15 August 2013
ALPHA REAL TRUST LIMITED ("ART" OR THE "COMPANY")
Interim Management Statement and dividend announcement
ART today publishes its interim management statement for the quarter ending 30 June 2013 and the period up until the date of this announcement. The information contained herein has not been audited.
About the Company
ART (ticker ARTL:LSE) has a dual strategy of investing in high yielding equity in property assets and high yielding property debt. Target investment opportunities include real estate assets, operating companies, securities, services and other related businesses that offer high total returns. ART's investment strategy is unconstrained by geography.
The Company´s investment strategy currently focuses on investment and lending opportunities in the UK and Western Europe where it is well positioned to take advantage of the dislocated real estate investment and finance markets. The Company´s typical investments include equity investment in property assets and / or the provision of property loans, particularly mezzanine finance.
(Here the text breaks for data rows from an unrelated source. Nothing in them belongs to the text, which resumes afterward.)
-- ===== src/Jobs.antt =====
-- internal/job/job.go: recurring jobs, each in a loop of its own. A job's loop is a state machine: an
-- event is what the loop, its ticker, an administrator or the end of the context does next, and
-- `none` means that the loop cannot do it in that state. Durations and instants are nanoseconds.
pub mod Passes
use almanaut.Base.{
  Bool, List, Option, String, [], bool_eq, false, if◌then◌else◌, list_eq, ltb, map, nat_eq, none,
  pair_eq, some, string_eq, true, ℕ, ◌++◌, ◌+◌, ◌-◌, ◌==◌, ◌∷◌,
}
use almanaut.Base.Text.{Text, text_of}

-- A minute.
abbrev pub default_timeout : ℕ
default_timeout = 60000000000

pub record Definition : Type 0 where
  pub name : String
  pub title : Text
  pub interval : ℕ
  pub timeout : ℕ

pub record Job : Type 0 where
  pub def : Definition
  -- Whether the channel of size 1 holds a manual run.
  pub trigger : Bool
  pub last_run : ℕ
  pub next_run : ℕ
  pub last_err : Text
  pub last_dur : ℕ
  pub running : Bool
  pub runs : ℕ

pub record Status : Type 0 where
  pub name : String
  pub title : Text
  pub interval : ℕ
  pub last_run : ℕ
  pub next_run : ℕ
  pub last_err : Text
  pub last_dur : ℕ
  pub running : Bool
  pub runs : ℕ

unfoldable pub status : Job → Status
status j = record {
  name = j.def.name;
  title = j.def.title;
  interval = j.def.interval;
  last_run = j.last_run;
  next_run = j.next_run;
  last_err = j.last_err;
  last_dur = j.last_dur;
  running = j.running;
  runs = j.runs;
}

abbrev pub new_job : Definition → Job
new_job d = record {
  def = d;
  trigger = false;
  last_run = 0;
  next_run = 0;
  last_err = [];
  last_dur = 0;
  running = false;
  runs = 0;
}

-- A negative interval or timeout stands for 0: the code compares both with 0 only.
unfoldable pub register : List Job → Definition → List Job
register jobs d =
    let d' : Definition = if d.timeout == 0 then record d { timeout = default_timeout } else d in
    jobs ++ new_job d' ∷ []

unfoldable pub statuses : List Job → List Status
unfolding status
statuses jobs = map status jobs

-- The send that does not wait: a second request finds the channel full.
unfoldable pub push_trigger : Job → Job
push_trigger j = record j { trigger = true }

-- Only the first job of the name is asked.
unfoldable pub trigger_job : String → List Job → List Job × Bool
unfolding push_trigger
trigger_job name [] = ([], false)
trigger_job name (j ∷ jobs) =
    let (jobs', found) = trigger_job name jobs in
    if j.def.name == name then (push_trigger j ∷ jobs, true) else (j ∷ jobs', found)

-- How a pass ends: `runSafely` turns a panic into the error "panic: …".
pub data Outcome : Type 0 where
  done : Outcome
  failed panicked : Text → Outcome

abbrev pub error_of : Outcome → Text
error_of done = []
error_of (failed e) = e
error_of (panicked p) = text_of "panic: " ++ p

-- `pass`, before and after the call of the job's function. The clock within a pass is monotonic, so
-- the end is not before the start.
unfoldable pub begin_pass : Job → Job
begin_pass j = record j { running = true }

unfoldable pub end_pass : Job → ℕ → ℕ → Outcome → Job
end_pass j start now outcome = record j {
  running = false;
  runs = j.runs + 1;
  last_run = start;
  last_dur = now - start;
  next_run = if ltb 0 j.def.interval then now + j.def.interval else j.next_run;
  last_err = error_of outcome;
}

pub data Phase : Type 0 where
  starting waiting stopped : Phase
  -- In a pass that began at the instant.
  passing : ℕ → Phase

pub record Loop : Type 0 where
  pub job : Job
  pub phase : Phase

pub data Event : Type 0 where
  -- The pass at the start; a pass on a tick; a pass on a manual run; each at its instant.
  first tick manual : ℕ → Event
  -- The pass ends at the instant.
  finish : ℕ → Outcome → Event
  -- `Trigger` is called; the context ends.
  request cancel : Event

enter : Loop → ℕ → Option Loop
unfolding begin_pass
enter l now = some (record { job = begin_pass l.job; phase = passing now })

dispatch : Phase → Loop → Event → Option Loop
unfolding enter end_pass push_trigger
dispatch starting l (first now) = enter l now
dispatch waiting l (tick now) = if ltb 0 l.job.def.interval then enter l now else none
dispatch waiting l (manual now) =
    if l.job.trigger
    then enter (record l { job = record (l.job) { trigger = false } }) now
    else none
dispatch waiting l cancel = some (record l { phase = stopped })
dispatch (passing start) l (finish now outcome) =
    some (record { job = end_pass l.job start now outcome; phase = waiting })
dispatch p l request = some (record l { job = push_trigger l.job })
dispatch p l e = none

unfoldable pub step : Loop → Event → Option Loop
unfolding dispatch
step l e = dispatch l.phase l e

abbrev pub and_then : Option Loop → (Loop → Option Loop) → Option Loop
and_then none f = none
and_then (some l) f = f l

-- Several events; `none` where one of them cannot happen.
unfoldable pub run : Loop → List Event → Option Loop
run l [] = some l
run l (e ∷ es) = and_then (step l e) (λ l'. run l' es)

abbrev pub start : Definition → Loop
start d = record { job = new_job d; phase = starting }
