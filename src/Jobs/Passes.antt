-- ===== src/Jobs/Passes.antt =====
-- The passes that the loop of internal/job/job.go makes.
use almanaut.Base.{
  Bool, Bool-cases, List, Option, [], arith, bool_eq, false, if◌then◌else◌, inl, inr, list_eq,
  nat_eq, none, pair_eq, refl, some, string_eq, suc, sym, true, zero, ℕ, ◌++◌, ◌+◌, ◌∙◌, ◌∷◌, ◌≡◌,
  ◌≤◌,
}
use almanaut.Jobs.{
  Definition, Event, Job, Loop, Outcome, Phase, and_then, finish, first, manual, passing, request,
  run, start, step, tick, waiting,
}

abbrev pub count_events : (Event → Bool) → List Event → ℕ
count_events p [] = 0
count_events p (e ∷ es) = if p e then suc (count_events p es) else count_events p es

abbrev pub is_manual : Event → Bool
is_manual (manual now) = true
is_manual _ = false

abbrev pub is_finish : Event → Bool
is_finish (finish now outcome) = true
is_finish _ = false

abbrev pub is_request : Event → Bool
is_request request = true
is_request _ = false

abbrev pub starts_pass : Event → Bool
starts_pass (first now) = true
starts_pass (tick now) = true
starts_pass (manual now) = true
starts_pass _ = false

abbrev pub in_pass : Phase → Bool
in_pass (passing start) = true
in_pass _ = false

abbrev pub to_ℕ : Bool → ℕ
to_ℕ true = 1
to_ℕ false = 0

-- What one event does to the counts.
record Counts (l l' : Loop) (e : Event) : Type 0 where
  finished : l'.job.runs ≡ l.job.runs + to_ℕ (is_finish e)
  open_passes :
      to_ℕ (in_pass l'.phase) + to_ℕ (is_finish e) ≡ to_ℕ (in_pass l.phase) + to_ℕ (starts_pass e)
  flag : l.job.running ≡ in_pass l.phase → l'.job.running ≡ in_pass l'.phase
  pending : to_ℕ (l'.job.trigger) + to_ℕ (is_manual e) ≤ to_ℕ (l.job.trigger) + to_ℕ (is_request e)

step-Counts : (l l' : Loop) (e : Event) → step l e ≡ some l' → Counts l l' e
unfolding step
step-Counts l l' e h = ground arith

and_then-some :
    (o : Option Loop) (f : Loop → Option Loop) {end : Loop}
    → and_then o f ≡ some end
    → (l : Loop) × (o ≡ some l) × (f l ≡ some end)
and_then-some none f h = absurd (cc h)
and_then-some (some l) f h = (l, refl, h)

record Totals (l end : Loop) (es : List Event) : Type 0 where
  pub finished : end.job.runs ≡ l.job.runs + count_events is_finish es
  pub open_passes :
      to_ℕ (in_pass end.phase) + count_events is_finish es
      ≡ to_ℕ (in_pass l.phase) + count_events starts_pass es
  pub flag : l.job.running ≡ in_pass l.phase → end.job.running ≡ in_pass end.phase
  pub pending :
      to_ℕ (end.job.trigger) + count_events is_manual es
      ≤ to_ℕ (l.job.trigger) + count_events is_request es

count_events-cons :
    (p : Event → Bool) (e : Event) (es : List Event)
    → count_events p (e ∷ es) ≡ to_ℕ (p e) + count_events p es
count_events-cons p e es = ground arith

run-Totals : (l end : Loop) (es : List Event) → run l es ≡ some end → Totals l end es
unfolding run
run-Totals l end [] h = ground arith
run-Totals l end (e ∷ es) h =
    let (l', stepped, rest) = and_then-some (step l e) (λ l'. run l' es) h in
    let c = step-Counts l l' e stepped in
    let t = run-Totals l' end es rest in
    record {
      finished = rw count_events-cons (omega (arith, c.finished, t.finished));
      open_passes =
          rw (count_events-cons is_finish e es, count_events-cons starts_pass e es)
            (omega (arith, c.open_passes, t.open_passes));
      flag = λ same. t.flag (c.flag same);
      pending =
          rw (count_events-cons is_manual e es, count_events-cons is_request e es)
            (omega (arith, c.pending, t.pending));
    }

-- Whatever a registered job's loop does: `runs` counts the passes that ended, at most one pass is open
-- at any time and `running` says whether one is, and the passes on manual runs are no more than the
-- requests for them.
pub run_totals :
    (d : Definition) (es : List Event) (l : Loop)
    → run (start d) es ≡ some l
    → (l.job.runs ≡ count_events is_finish es)
      × (count_events starts_pass es ≡ l.job.runs + to_ℕ (in_pass l.phase))
      × (l.job.running ≡ in_pass l.phase)
      × (count_events is_manual es ≤ count_events is_request es)
run_totals d es l h =
    let t = run-Totals (start d) l es h in
    (
      omega (arith, t.finished),
      omega (arith, t.finished, t.open_passes),
      t.flag refl,
      omega (arith, t.pending),
    )

abbrev pub requests : ℕ → List Event
requests zero = []
requests (suc n) = request ∷ requests n

-- Requests in a pass only set the flag.
requests_in_pass :
    (j : Job) (s n : ℕ) (es : List Event)
    → run (record { job = j; phase = passing s }) (requests (suc n) ++ es)
      ≡ run (record { job = record j { trigger = true }; phase = passing s }) es
unfolding run step
requests_in_pass j s zero es = refl
requests_in_pass j s (suc n) es = requests_in_pass (record j { trigger = true }) s n es

after_finish :
    (j : Job) (s t : ℕ) (o : Outcome) (l : Loop)
    → run (record { job = record j { trigger = true }; phase = passing s }) (finish t o ∷ [])
      ≡ some l
    → (l.phase ≡ waiting) × (l.job.trigger ≡ true)
unfolding run step
after_finish j s t o l h = (ground arith, ground arith)

-- Requests that arrive in a pass, however many, become one further pass: when the pass ends the
-- loop can make it, and with no new request it makes no second one.
pub requests_coalesce :
    (j : Job) (s n t : ℕ) (o : Outcome) (now : ℕ) (es : List Event) (l end : Loop)
    → run (record { job = j; phase = passing s }) (requests (suc n) ++ finish t o ∷ []) ≡ some l
    → count_events is_request es ≡ 0
    → run l es ≡ some end
    → ((next : Loop) × (step l (manual now) ≡ some next)) × (count_events is_manual es ≤ 1)
requests_coalesce j s n t o now es l end before quiet later =
    let closed = after_finish j s t o l (sym (requests_in_pass j s n (finish t o ∷ [])) ∙ before) in
    (
      unfold step in rw (closed.0, closed.1) (_, refl),
      bounded l end es quiet (run-Totals l end es later).pending,
    )
  where
    bounded :
        (l end : Loop) (es : List Event)
        → count_events is_request es ≡ 0
        → to_ℕ (end.job.trigger) + count_events is_manual es
          ≤ to_ℕ (l.job.trigger) + count_events is_request es
        → count_events is_manual es ≤ 1
    bounded l end es quiet p = elim (Bool-cases l.job.trigger) [
      | inl on ↦ ground arith
      | inr off ↦ ground arith
    ]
In making these investments the Company uses the expertise and knowledge of its Investment Manager, Alpha Real Capital LLP ("ARC") whose team of property professionals focus on the potential to enhance earnings and add value to the underlying real estate assets, and also on the risk profile of each investment within the capital structure to best deliver high risk adjusted returns.
Highlights
NAV per share 106.7p (107.6p: 31 March 2013)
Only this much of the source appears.